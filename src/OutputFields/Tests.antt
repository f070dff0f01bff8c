-- ===== src/OutputFields/Tests.antt =====
-- Declared fields and an answer of the model.
use ieum_agent.Value.{Values, values}
use ieum_agent.Base.{
  String, ◌≡◌, ◌≢◌, ◌≤◌, ◌↔◌, refl, false, Option, none, some, List, [], ◌∷◌, All, Distinct, length,
  string_eq,
}
use ieum_agent.Base.Dict.{insert}
use ieum_agent.Base.Int.{pos}
use ieum_agent.Base.Result.{ok}
use ieum_agent.Value.{Value, Entries, dyadic, text, float, list, dict, nil, cons, end, entry, get}
use ieum_agent.OutputFields.{
  text_type, number_type, OutputField, max_fields, is_key, is_sensitive, validate_output_fields,
  field_type,
}
use ieum_agent.OutputFields.Shape.{IsAllowed, keys_of, validate_output_fields_sound}
use ieum_agent.OutputFields.Answer.{parse_structured_output}
use ieum_agent.OutputFields.Answer.Accepted.{Answers, answers, parse_structured_output_iff}

abbrev declared : Value
declared = list (
    cons (dict (entry "key" (text "summary") (entry "type" (text "text") end))) (
      cons
        (dict (
          entry "key" (text "score")
            (entry "type" (text "number") (entry "description" (text "0 to 10") end))))
        nil))

abbrev fields : List OutputField
fields =
    record { key = "summary"; ftype = text_type; description = none }
    ∷ record { key = "score"; ftype = number_type; description = some "0 to 10" }
    ∷ []

declared_passes : validate_output_fields declared false none ≡ ok (some fields)
unfolding validate_output_fields get is_key is_sensitive field_type string_eq
declared_passes = refl

validate_output_fields_sound_example :
    ((vs : Values) × (declared ≡ list vs) × (length fields ≡ length (values vs)))
    × (length fields ≤ max_fields)
    × All IsAllowed fields
    × Distinct (keys_of fields)
    × (false ≡ false)
    × ◌≢◌ {A = Option String} none (some "react")
validate_output_fields_sound_example =
    validate_output_fields_sound declared false none fields declared_passes

abbrev reply : Entries
reply = entry "score" (float (dyadic false 4 0 0)) (entry "summary" (text "fine") end)

reply_parsed :
    parse_structured_output (some (dict reply)) fields
    ≡ ok (("summary", text "fine") ∷ ("score", Value.int (pos 4)) ∷ [])
unfolding parse_structured_output get insert string_eq
reply_parsed = refl

fields-Distinct : Distinct (keys_of fields)
unfolding string_eq
fields-Distinct = (refl, (refl, tt))

parse_structured_output_iff_example :
    (parse_structured_output (some (dict reply)) fields ≡ ok (answers reply fields)) ↔ (
      (es : Entries) × (some (dict reply) ≡ some (dict es))
      × All (Answers es) fields
      × (answers reply fields ≡ answers es fields))
parse_structured_output_iff_example =
    parse_structured_output_iff (some (dict reply)) fields (answers reply fields) fields-Distinct
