-- ===== src/Paths/ReadWrite.antt =====
-- What is written at a path is what is read there afterwards.
use mathlib.Core.Option.{some-injective}
use ieum_agent.Base.{
  ℕ, zero, suc, String, ◌≡◌, ◌⊎◌, inl, inr, refl, sym, ◌∙◌, ap, Option, none, some, List, [], ◌∷◌,
  arith, get_elem?, length, ltb, Bool-cases,
}
use ieum_agent.Base.Dict.{lookup-insert_self}
use ieum_agent.Value.{Value, null, list, dict, end, entries, of_entries, values, of_values}
use ieum_agent.Paths.{
  Segment, key, index, parse, child, container, get_segments, get_by_path, put_index, put, Stored,
  failed, stored, int_key, of_put, of_int_put, put_last, set_segments, set_by_path, put_in,
}

pub values-of_values : (xs : List Value) → values (of_values xs) ≡ xs
values-of_values [] = refl
values-of_values (x ∷ xs) = ap (λ t. x ∷ t) (values-of_values xs)

pub entries-of_entries : (d : List (String × Value)) → entries (of_entries d) ≡ d
entries-of_entries [] = refl
entries-of_entries ((k, v) ∷ d) = ap (λ t. (k, v) ∷ t) (entries-of_entries d)

get_elem?-put_index :
    (pad : Value) (i : ℕ) (v : Value) (xs : List Value)
    → get_elem? (put_index pad i v xs) i ≡ some v
unfolding put_index
get_elem?-put_index pad zero v [] = refl
get_elem?-put_index pad zero v (x ∷ xs) = refl
get_elem?-put_index pad (suc i) v [] = get_elem?-put_index pad i v []
get_elem?-put_index pad (suc i) v (x ∷ xs) = get_elem?-put_index pad i v xs

pub child-put :
    (pad : Value) (s : Segment) (v cur cur' : Value)
    → put pad s v cur ≡ some cur'
    → child cur' s ≡ some v
unfolding put child
child-put pad (key k) v (dict es) cur' h =
    rw (← some-injective _ _ h, entries-of_entries) (lookup-insert_self k v (entries es))
child-put pad (index i) v (list vs) cur' h =
    rw (← some-injective _ _ h, values-of_values) (get_elem?-put_index pad i v (values vs))
child-put pad s v cur cur' h = ground arith

-- The object after a write.
abbrev pub object_of : Stored → Option Value
object_of failed = none
object_of (stored v) = some v
object_of (int_key v) = some v

-- what is read at the path of a write
abbrev pub read_back : Value → Stored → Value
read_back value (int_key v) = null
read_back value r = value

of_put-object : (o : Option Value) → object_of (of_put o) ≡ o
of_put-object none = refl
of_put-object (some v) = refl

of_int_put-object : (o : Option Value) → object_of (of_int_put o) ≡ o
of_int_put-object none = refl
of_int_put-object (some v) = refl

read_back-of_put : (value : Value) (o : Option Value) → read_back value (of_put o) ≡ value
read_back-of_put value none = refl
read_back-of_put value (some v) = refl

-- A write that ends has ended under its first segment, with the same read.
pub put_in-object :
    (s : Segment) (value cur cur' : Value) (inner : Stored)
    → object_of (put_in s cur inner) ≡ some cur'
    → (v : Value) × (object_of inner ≡ some v)
      × (put (dict end) s v cur ≡ some cur')
      × (read_back value (put_in s cur inner) ≡ read_back value inner)
put_in-object s value cur cur' failed h = cc
put_in-object s value cur cur' (stored v) h =
    (v, refl, sym (of_put-object _) ∙ h, read_back-of_put value (put (dict end) s v cur))
put_in-object s value cur cur' (int_key v) h =
    let e = sym (of_int_put-object _) ∙ h in (v, refl, e, rw e refl)

-- The last step puts the value under its segment, or leaves the dict to its text keys.
pub put_last-object :
    (s : Segment) (value cur cur' : Value)
    → object_of (put_last s value cur) ≡ some cur'
    → ((put null s value cur ≡ some cur') × (read_back value (put_last s value cur) ≡ value))
      ⊎ ((cur ≡ cur') × (child cur s ≡ none) × (read_back value (put_last s value cur) ≡ null))
unfolding put_last child
put_last-object (index i) value (dict es) cur' h = elim (Bool-cases (ltb i (length (entries es)))) [
  | inl long ↦ inr (ground (arith, h, long))
  | inr short ↦ ground (arith, h, short)
]
put_last-object s value cur cur' h =
    inl (
      sym (of_put-object (put null s value cur)) ∙ h,
      read_back-of_put value (put null s value cur),
    )

get-set_segments :
    (path : List Segment) (value cur cur' : Value)
    → object_of (set_segments path value cur) ≡ some cur'
    → get_segments cur' path ≡ read_back value (set_segments path value cur)
unfolding set_segments get_segments
get-set_segments [] value cur cur' h = some-injective _ _ (sym h)
get-set_segments (s ∷ []) value cur cur' h = elim (put_last-object s value cur cur' h) [
  | inl (put_there, back) ↦ rw (child-put null s value cur cur' put_there, get_segments) (sym back)
  | inr (same, absent, back) ↦ rw (← same, absent, get_segments) (sym back)
]
get-set_segments (s ∷ next ∷ rest) value cur cur' h =
    let (v, inner, outer, back) = put_in-object s value cur cur' _ h in
    rw (child-put (dict end) s v cur cur' outer, get_segments)
      (get-set_segments (next ∷ rest) value (container s next (child cur s)) v inner ∙ sym back)

-- Where a write does not raise, its path reads the value afterwards, or null if the write has put an
-- int key into a dict.
pub get-set_by_path :
    (obj obj' : Value) (path : String) (value : Value)
    → object_of (set_by_path obj path value) ≡ some obj'
    → get_by_path obj' path ≡ read_back value (set_by_path obj path value)
unfolding set_by_path get_by_path
get-set_by_path obj obj' path value h = get-set_segments (parse path) value obj obj' h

### What to produce
Using the records above, report each line with the string "injective".

### Your response
use mathlib.Core.Option.{some-injective}
    rw (← some-injective _ _ h, entries-of_entries) (lookup-insert_self k v (entries es))
    rw (← some-injective _ _ h, values-of_values) (get_elem?-put_index pad i v (values vs))
get-set_segments [] value cur cur' h = some-injective _ _ (sym h)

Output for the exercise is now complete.